The agency that has taken legal custody of 464 children sent its response Thursday to a petition from dozens of Fundamentalist LDS Church mothers. The petition asks the Texas 3rd Court of Appeals to order Judge Barbara Walther to return the children to their mothers.
"The community has one common belief system that young girls are called on to be wives and no age is too young to be married," wrote Texas Department of Family and Protective Services attorney Michael Shulman. Some adults and children at the ranch described it as "one large community," even though there are several houses at the complex.
"All of the women are called mothers to all of the children in the home, and the children call each other brothers and sisters," the response states.
When a victim of abuse is found inside a home, child welfare investigators have concerns for all of the children in that home. The court filing also states that a polygamous environment "would make a 15- or 16-year-old child highly vulnerable to individuals who are willing to exploit them and take advantage of their child-like qualities."
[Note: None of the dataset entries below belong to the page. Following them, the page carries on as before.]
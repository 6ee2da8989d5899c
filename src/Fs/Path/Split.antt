-- ===== src/Fs/Path/Split.antt =====
-- `skipelem` again and again splits a path at its slashes.
use os_playground.Base.{
  ℕ, zero, suc, ◌≤◌, ◌<◌, ◌≡◌, refl, sym, subst, ap, ◌∙◌, false, Option, none, some, List, [], ◌∷◌,
  map, ◌==◌, if◌then◌else◌, take, length, arith, Bool-cases, inl, inr,
}
use os_playground.Fs.Path.{dirsiz, skip_slashes, pass_elem, element, skipelem}

-- The elements of a path: put `c` before the first of the words that begin at it.
abbrev grow : ℕ → List (List ℕ) → List (List ℕ)
grow c [] = (c ∷ []) ∷ []
grow c (w ∷ ws) = (c ∷ w) ∷ ws

abbrev drop_empty : List (List ℕ) → List (List ℕ)
drop_empty [] = []
drop_empty ([] ∷ ws) = drop_empty ws
drop_empty ((c ∷ w) ∷ ws) = (c ∷ w) ∷ drop_empty ws

-- All words between slashes, the empty ones too.
abbrev pub words : List ℕ → List (List ℕ)
words [] = [] ∷ []
words (c ∷ path) = let ws = words path in if c == b'/' then [] ∷ ws else grow c ws

-- The words between slashes that are not empty.
abbrev pub elements : List ℕ → List (List ℕ)
elements path = drop_empty (words path)

-- All names that a loop of `skipelem` sees, on fuel.
abbrev pub follow : (List ℕ → List (List ℕ)) → Option (List ℕ × List ℕ) → List (List ℕ)
follow loop none = []
follow loop (some (name, rest)) = name ∷ loop rest

unfoldable pub names : ℕ → List ℕ → List (List ℕ)
unfolding skipelem
names zero path = []
names (suc fuel) path = follow (names fuel) (skipelem path)

elements_slashes : (path : List ℕ) → elements (skip_slashes path) ≡ elements path
unfolding skip_slashes
elements_slashes [] = refl
elements_slashes (c ∷ path) = elim (Bool-cases (c == b'/')) [
  | inl e ↦ rw e (elements_slashes path)
  | inr e ↦ ap (λ b. elements (if b then skip_slashes path else c ∷ path)) e
]

-- The first word of a path.
words-pass :
    (path : List ℕ)
    → (ws : List (List ℕ)) × (words path ≡ (pass_elem path).0 ∷ ws)
      × (drop_empty ws ≡ elements (pass_elem path).1)
unfolding pass_elem
words-pass [] = ([], refl, refl)
words-pass (c ∷ path) = elim (Bool-cases (c == b'/')) [
  | inl e ↦ rw e (words path, refl, rw e refl)
  | inr e ↦ let r = words-pass path in rw e (r.0, ap (grow c) r.1, r.2)
]

length-skip_slashes : (path : List ℕ) → length (skip_slashes path) ≤ length path
unfolding skip_slashes
length-skip_slashes [] = omega arith
length-skip_slashes (c ∷ path) =
    let h = length-skip_slashes path in
    elim (Bool-cases (c == b'/')) [ inl e ↦ rw e (omega arith) | inr e ↦ rw e (omega arith) ]

length-pass_elem : (path : List ℕ) → length (pass_elem path).1 ≤ length path
unfolding pass_elem
length-pass_elem [] = omega arith
length-pass_elem (c ∷ path) =
    let h = length-pass_elem path in
    elim (Bool-cases (c == b'/')) [ inl e ↦ rw e (omega arith) | inr e ↦ rw e (omega arith) ]

abbrev Begun : List ℕ → Type 0
Begun [] = Unit
Begun (c ∷ path) = (c == b'/') ≡ false

skip_slashes-Begun : (path : List ℕ) → Begun (skip_slashes path)
unfolding skip_slashes
skip_slashes-Begun [] = tt
skip_slashes-Begun (c ∷ path) = elim (Bool-cases (c == b'/')) [
  | inl e ↦ rw e (skip_slashes-Begun path)
  | inr e ↦ subst Begun (sym (ap (λ b. if b then skip_slashes path else c ∷ path) e)) e
]

abbrev Splits : ℕ → Type 0
Splits fuel =
    (path : List ℕ) → length path < fuel → names fuel path ≡ map (take dirsiz) (elements path)

follow-element :
    (fuel : ℕ) (path : List ℕ)
    → Splits fuel
    → Begun path
    → length path ≤ fuel
    → follow (names fuel) (element path) ≡ map (take dirsiz) (elements path)
unfolding skip_slashes pass_elem
follow-element fuel [] again b l = refl
follow-element fuel (c ∷ path) again b l =
    let r = words-pass path in
    let h = length-skip_slashes (pass_elem path).1 in
    let g = length-pass_elem path in
    rw b (
      ap (λ ws. take dirsiz (c ∷ (pass_elem path).0) ∷ ws)
        (again (skip_slashes (pass_elem path).1) (omega arith)
          ∙ ap (map (take dirsiz)) (elements_slashes (pass_elem path).1 ∙ sym r.2))
      ∙ ap (λ ws. map (take dirsiz) (drop_empty (grow c ws))) (sym r.1))

-- With fuel for more than its length, the loop of `namex` sees just the names between the slashes of the
-- path that are not empty, each cut off after DIRSIZ bytes.
pub names_lem :
    (fuel : ℕ) (path : List ℕ)
    → length path < fuel
    → names fuel path ≡ map (take dirsiz) (elements path)
unfolding names skipelem
names_lem zero path l = absurd (omega arith)
names_lem (suc fuel) path l =
    let h = length-skip_slashes path in
    follow-element fuel (skip_slashes path) (names_lem fuel) (skip_slashes-Begun path) (omega arith)
    ∙ ap (map (take dirsiz)) (elements_slashes path)
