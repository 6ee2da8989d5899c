-- ===== src/Fs/Tests.antt =====
-- Runs of the file system, and its theorems at a disk of 20 blocks with one short file.
use os_playground.Base.{
  ℕ, ◌+◌, ◌*◌, ◌%◌, ◌≤◌, ◌<◌, ◌≡◌, ◌≢◌, refl, sym, ap, subst, ◌∙◌, true, false, none, some, List,
  [], ◌∷◌, map, take, leb, ◌==◌, if◌then◌else◌, update, arith, ℕ_discrete, Bool-cases, ==_ne, inl,
  inr,
}
use os_playground.Bio.{Block}
use os_playground.Str.{Memory}
use os_playground.Fs.{bsize, Fs, Inode, find_bit, find_free, balloc, bfree, bmap}
use os_playground.Fs.Bits.{all_below, all_below_sound}
use os_playground.Fs.Bitmap.{is_used, IsFormatted, Allocated, with_block, balloc_lem}
use os_playground.Fs.Free.{bfree-balloc}
use os_playground.Fs.Count.{room}
use os_playground.Fs.Map.{slot, IsFile}
use os_playground.Fs.Map.Direct.{Mapped, slot_direct, slot_none}
use os_playground.Fs.Map.Bmap.{position, bmap_lem}
use os_playground.Log.{Log, log_write}
use os_playground.Fs.Rw.{readi, writei, paste, bmap_logs, log_blocks, write_loop}
use os_playground.Fs.Rw.Logged.{HasRoom}
use os_playground.Fs.Rw.Round.{rounds}
use os_playground.Fs.{load_addr}
use os_playground.Fs.Rw.Read.{IsWhole}
use os_playground.Fs.Rw.RoundTrip.{readi-writei}
use os_playground.Fs.Trunc.{itrunc}
use os_playground.Fs.Trunc.Whole.{IsTruncated, itrunc_lem}
use os_playground.Fs.Path.{dirsiz}
use os_playground.Fs.Path.Split.{names, elements, names_lem}

-- Blocks 0 to 10 are in use, and block 10 is full of the letter A.
abbrev pub small_disk : ℕ → Block
small_disk b i =
    if b == 5 then if i == 0 then 255 else if i == 1 then 7 else 0 else if b == 10 then b'A' else 0

abbrev pub small_fs : Fs
small_fs = record {
  sb = record {
    size = 20;
    nblocks = 10;
    ninodes = 16;
    nlog = 0;
    logstart = 2;
    inodestart = 3;
    bmapstart = 5;
  };
  disk = small_disk;
}

-- The file has 100 bytes in block 10.
abbrev pub small_file : Inode
small_file = record {
  dev = 1;
  inum = 2;
  ref = 1;
  locked = true;
  pid = 3;
  valid = true;
  type = 2;
  major = 0;
  minor = 0;
  nlink = 1;
  size = 100;
  addrs = update (λ _. 0) 0 10;
}

pub small_bytes : (b i : ℕ) → small_disk b i < 256
small_bytes b i = ground arith

meta_bits : all_below 10 (is_used small_fs) ≡ true
unfolding all_below
meta_bits = refl

meta_in_use : (k : ℕ) → k < 10 → is_used small_fs k ≡ true
meta_in_use k l = all_below_sound 10 (is_used small_fs) k meta_bits l

small-IsFormatted : IsFormatted small_fs
small-IsFormatted = record {
  bytes = small_bytes;
  maps = λ k l. omega arith;
  inodes = λ i l. omega arith;
  kept = λ k l m. meta_in_use k (omega arith);
  small = omega arith;
}

small_slot : (k : ℕ) → slot small_file.addrs small_disk k ≡ (if k == 0 then 10 else 0)
small_slot k = elim (Bool-cases (leb k 12)) [
  | inl e ↦ slot_direct small_file.addrs small_disk k (ground arith)
  | inr e ↦
      slot_none small_file.addrs small_disk k (ground arith) refl
      ∙ sym (ap (λ b. if b then 10 else 0) (==_ne k 0 (λ q. ground arith)))
]

at_zero : (k : ℕ) → slot small_file.addrs small_disk k ≢ 0 → k ≡ 0
at_zero k ne = elim (ℕ_discrete k 0) [
  | yes e ↦ e
  | no other ↦ absurd (ne (small_slot k ∙ ap (λ b. if b then 10 else 0) (==_ne k 0 other)))
]

slot_is : (k : ℕ) → slot small_file.addrs small_disk k ≢ 0 → slot small_file.addrs small_disk k ≡ 10
slot_is k ne = ap (slot small_file.addrs small_disk) (at_zero k ne)

small-IsFile : IsFile small_file.addrs small_fs
small-IsFile = record {
  data_block = λ k l ne. subst (λ b. 10 ≤ b) (sym (slot_is k ne)) (omega arith);
  inside = λ k l ne. subst (λ b. b < 20) (sym (slot_is k ne)) (omega arith);
  in_use = λ k l ne. ap (is_used small_fs) (slot_is k ne);
  apart = λ j k l m ne e. at_zero j ne ∙ sym (at_zero k (λ z. ne (e ∙ z)));
}

pub small-IsWhole : IsWhole small_file small_disk
small-IsWhole bn l =
    subst (λ k. slot small_file.addrs small_disk (position k) ≢ 0) (first bn l) (λ e. positive e)
  where
    positive : small_file.addrs 0 ≡ 0 → ⊥
    positive e = omega arith

    first : (bn : ℕ) → bsize * bn < 100 → 0 ≡ bn
    first bn l = omega arith

-- 9 blocks are free, the first of them is block 11.
small_room : room small_fs ≡ 9
small_room = refl

abbrev pub letters : Memory
letters i = b'a' + i % 26

pub letters_bytes : (i : ℕ) → letters i < 256
letters_bytes i = omega arith

not_device : (small_file.type) ≢ 3
not_device e = omega arith

balloc_lem_example : Allocated small_fs (balloc small_fs)
balloc_lem_example = balloc_lem small_fs small-IsFormatted

bmap_lem_example : Mapped small_file small_fs 14 2 (bmap 13 small_file small_fs)
bmap_lem_example = bmap_lem small_file small_fs 13 small-IsFile small-IsFormatted (omega arith)

-- An empty log of the size that `mkfs` makes, in a transaction.
abbrev empty_log : Log
empty_log = record {
  start = 2;
  size = 30;
  outstanding = 1;
  committing = false;
  n = 0;
  block = λ i. 0;
}

empty_log-HasRoom : HasRoom empty_log (6 * rounds 100 600 + 1)
empty_log-HasRoom = record { inside = omega arith; few = omega arith; fits = omega arith }

readi-writei_example :
    (ip : Inode) × (t : Fs) × (log : Log) × (writei
        (λ _. none)
        7
        100
        600
        letters
        small_file
        small_fs
        empty_log
      ≡ some (600, letters, ip, t, log))
    × (readi (λ _. none) 0 100 600 (λ _. 0) ip t
        ≡ some (600, paste (λ _. 0) 0 letters 7 600, ip, t))
readi-writei_example =
    readi-writei (λ _. none) 7 0 100 600 letters (λ _. 0) small_file small_fs empty_log not_device
      (omega arith) (omega arith) small-IsFormatted small-IsFile small-IsWhole letters_bytes
      (omega arith) empty_log-HasRoom (omega arith) (omega arith)

-- Where the log is full already, the first block is the panic of `log_write`.
full_log :
    writei (λ _. none) 7 100 1 letters small_file small_fs (record empty_log { n = 29 }) ≡ none
unfolding writei write_loop log_blocks log_write bmap_logs load_addr bmap
full_log = refl

first_free : balloc small_fs ≡ some (11, with_block 11 small_fs)
unfolding balloc find_bit find_free
first_free = refl

bfree-balloc_example :
    (u : Fs) × (bfree 11 (with_block 11 small_fs) ≡ some u)
    × IsFormatted u
    × ((j : ℕ) → j < 20 → is_used u j ≡ is_used small_fs j)
bfree-balloc_example =
    bfree-balloc small_fs (with_block 11 small_fs) 11 small-IsFormatted first_free

itrunc_lem_example :
    (f : ℕ → ℕ) × (t : Fs) × (itrunc small_file small_fs
      ≡ some (record small_file { addrs = f; size = 0 }, t))
    × IsTruncated small_file small_fs f t
itrunc_lem_example = itrunc_lem small_file small_fs small-IsFormatted small-IsFile (omega arith)

-- "//u/abcdefghijklmnop/x/"
abbrev long_path : List ℕ
long_path =
    b'/' ∷ b'/' ∷ b'u' ∷ b'/' ∷ b'a' ∷ b'b' ∷ b'c' ∷ b'd' ∷ b'e' ∷ b'f' ∷ b'g' ∷ b'h' ∷ b'i' ∷ b'j'
    ∷ b'k' ∷ b'l' ∷ b'm' ∷ b'n' ∷ b'o' ∷ b'p' ∷ b'/' ∷ b'x' ∷ b'/' ∷ []

-- The element of 16 bytes is cut off.
long_element :
    elements long_path
    ≡ (b'u' ∷ [])
      ∷ (b'a' ∷ b'b' ∷ b'c' ∷ b'd' ∷ b'e' ∷ b'f' ∷ b'g' ∷ b'h' ∷ b'i' ∷ b'j' ∷ b'k' ∷ b'l' ∷ b'm'
          ∷ b'n' ∷ b'o' ∷ b'p' ∷ [])
      ∷ (b'x' ∷ [])
      ∷ []
long_element = refl

names_lem_example : names 30 long_path ≡ map (take dirsiz) (elements long_path)
names_lem_example = names_lem 30 long_path (omega arith)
Previous court rulings have determined that it isn't necessary to prove that a parent personally abused their own child in order to show that a child is in danger, the court documents state.
Texas officials say several teens at the ranch were either pregnant or had children when they were underage. As for the boys and younger children, the agency argues says they are still in danger if allowed to continue living in that environment.
The new filing refers the appeals court to testimony from child psychiatrist Bruce Perry, who described an "unhealthy" belief that it's OK to have sex with and marry young women. "This pervasive practice and belief creates an environment that develops people who have a high potential of replicating sexual abuse of young children as a part of their belief system," the court document states.
"Part of the danger to the boys is that their belief system requires that they follow the prophet," it also stated.
The original petition, filed on behalf of 38 women by Texas RioGrande Legal Aid, also argued that an April 17-18 adversary hearing for the children was improperly held "en masse" instead of holding hearings for each individual child. But the agency says the actions of the parents forced the judge to hold the single hearing.
"It is the department's contention that (the mothers), by their conspiracy of silence, purposefully confused the identity of the children, which forced Judge Walther to conduct the proceedings as she did."
The new court papers claim the FLDS women have no legal standing to have the judge reverse her ruling because they have "repeatedly declined" to even identify their children and the fathers.
The document says neither the court nor the child welfare agency should "be forced to play guessing games when the safety and well-being of these children are at stake."
The agency argued in the court filing that all the mothers had an opportunity, through their attorneys, to confront and cross-examine the witnesses during the April 17-18 hearing. To hold individual hearings would have taken weeks or even months and would have been an "extraordinary waste of judicial resources."
In removing the children, attorneys for the mothers say the judge failed to consider less restrictive options such as ordering the men ("the alleged perpetrators of abuse") to leave the ranch or ordering mothers and their children to live elsewhere during the investigation.
The agency argues that if the state does not have physical custody of the children, what's to prevent the mothers from leaving the state with them? It also asks how the court could know for certain which child legally belongs to whom.
As "the largest child protection case documented in the history of the United States," DFPS or, CPS as it is commonly called, said the sheer numbers of FLDS children prevented them from pursuing other options it might have considered in a more typical case.
As for possible temporary restraining orders against men at the ranch, DCFS says that wasn't practical. "How could the department have identified the alleged perpetrator or perpetrators when the evidence demonstrated that the entire male and female population at the YFZ Ranch had been enculturated into the belief that underage marriage was sacrosanct?"
The Court of Appeals could rule on the issues in the petition or may hold a hearing to consider arguments.